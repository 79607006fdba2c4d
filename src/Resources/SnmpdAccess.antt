-- ===== src/Resources/SnmpdAccess.antt =====
-- internal/provider/snmpd_access_resource.go: the model of uapi_snmpd_access, its request body and its reading.
use terraform_provider_uapi.Base.{String, Bool, false, Option, List, [], if◌then◌else◌}
use terraform_provider_uapi.Any.{Object}
use terraform_provider_uapi.Framework.{Attr, Diagnostic}
use terraform_provider_uapi.Platform.{Platform}
use terraform_provider_uapi.Client.World.{Action}
use terraform_provider_uapi.Client.Request.{Client}
use terraform_provider_uapi.Provider.Values.{
  Read, Body, empty_body, ◌▹◌, put_str, str_val, bool_val,
}
use terraform_provider_uapi.Provider.DataSource
use terraform_provider_uapi.Provider.Crud
use terraform_provider_uapi.Provider.Crud.{Resource, StateChange, Decoded}

pub record Model : Type 0 where
  pub id : Attr String
  pub managed : Attr Bool
  pub etag : Attr String
  pub context : Attr String
  pub group : Attr String
  pub level : Attr String
  pub notify : Attr String
  pub prefix : Attr String
  pub read : Attr String
  pub version : Attr String
  pub write : Attr String

-- body()
unfoldable pub body : Platform → Model → Bool → Body
body p m for_create =
    empty_body
    ▹ (λ b. if for_create then put_str "id" m.id b else b)
    ▹ put_str "context" m.context
    ▹ put_str "group" m.group
    ▹ put_str "level" m.level
    ▹ put_str "notify" m.notify
    ▹ put_str "prefix" m.prefix
    ▹ put_str "read" m.read
    ▹ put_str "version" m.version
    ▹ put_str "write" m.write

-- read()
unfoldable pub fill : Platform → Object → Model → Read Model
fill p obj m = (
  record m {
    id = str_val p obj "id";
    managed = bool_val obj "managed";
    context = str_val p obj "context";
    group = str_val p obj "group";
    level = str_val p obj "level";
    notify = str_val p obj "notify";
    prefix = str_val p obj "prefix";
    read = str_val p obj "read";
    version = str_val p obj "version";
    write = str_val p obj "write";
  },
  [],
)

abbrev pub resource : Resource Model
resource = record {
  collection = "snmpd/accesses";
  label = "snmpd access";
  body = body;
  fill = fill;
  id = λ m. m.id;
  etag = λ m. m.etag;
  with_etag = λ m e. record m { etag = e };
  patches = λ plan state. false;
  warnings = λ obj. [];
}

module _ (set_state : Model → List Diagnostic) (p : Platform) where
  -- Create
  unfoldable pub create : Client → Decoded Model → Action (StateChange Model)
  create c plan = Crud.create set_state p resource c plan

  -- Read
  unfoldable pub refresh : Client → Decoded Model → Action (StateChange Model)
  refresh c state = Crud.refresh set_state p resource c state

  -- Update
  unfoldable pub update : Client → Decoded Model → Decoded Model → Action (StateChange Model)
  update c plan state = Crud.update set_state p resource c plan state

  -- Delete
  unfoldable pub destroy : Client → Decoded Model → Action (StateChange Model)
  destroy c state = Crud.destroy set_state p resource c state

  -- ImportState
  unfoldable pub import_state : Client → String → Action (Option String)
  import_state c id = Crud.import_state set_state p resource c id

  -- Read of the data source
  unfoldable pub look_up : Client → Decoded Model → Action (StateChange Model)
  look_up c config = DataSource.look_up set_state p (DataSource.of_resource resource) c config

::::::

[EXERCISE INSTRUCTIONS]:
Reproduce, exactly as they stand in the data above, the lines from the one that holds "pub etag : Attr String" to the one that holds "fill = fill;", inclusive.

[SOLUTION FOR THIS TASK]:
  pub etag : Attr String
  pub context : Attr String
  pub group : Attr String
  pub level : Attr String
  pub notify : Attr String
  pub prefix : Attr String
  pub read : Attr String
  pub version : Attr String
  pub write : Attr String

-- body()
unfoldable pub body : Platform → Model → Bool → Body
body p m for_create =
    empty_body
    ▹ (λ b. if for_create then put_str "id" m.id b else b)
    ▹ put_str "context" m.context
    ▹ put_str "group" m.group
    ▹ put_str "level" m.level
    ▹ put_str "notify" m.notify
    ▹ put_str "prefix" m.prefix
    ▹ put_str "read" m.read
    ▹ put_str "version" m.version
    ▹ put_str "write" m.write

-- read()
unfoldable pub fill : Platform → Object → Model → Read Model
fill p obj m = (
  record m {
    id = str_val p obj "id";
    managed = bool_val obj "managed";
    context = str_val p obj "context";
    group = str_val p obj "group";
    level = str_val p obj "level";
    notify = str_val p obj "notify";
    prefix = str_val p obj "prefix";
    read = str_val p obj "read";
    version = str_val p obj "version";
    write = str_val p obj "write";
  },
  [],
)

abbrev pub resource : Resource Model
resource = record {
  collection = "snmpd/accesses";
  label = "snmpd access";
  body = body;
  fill = fill;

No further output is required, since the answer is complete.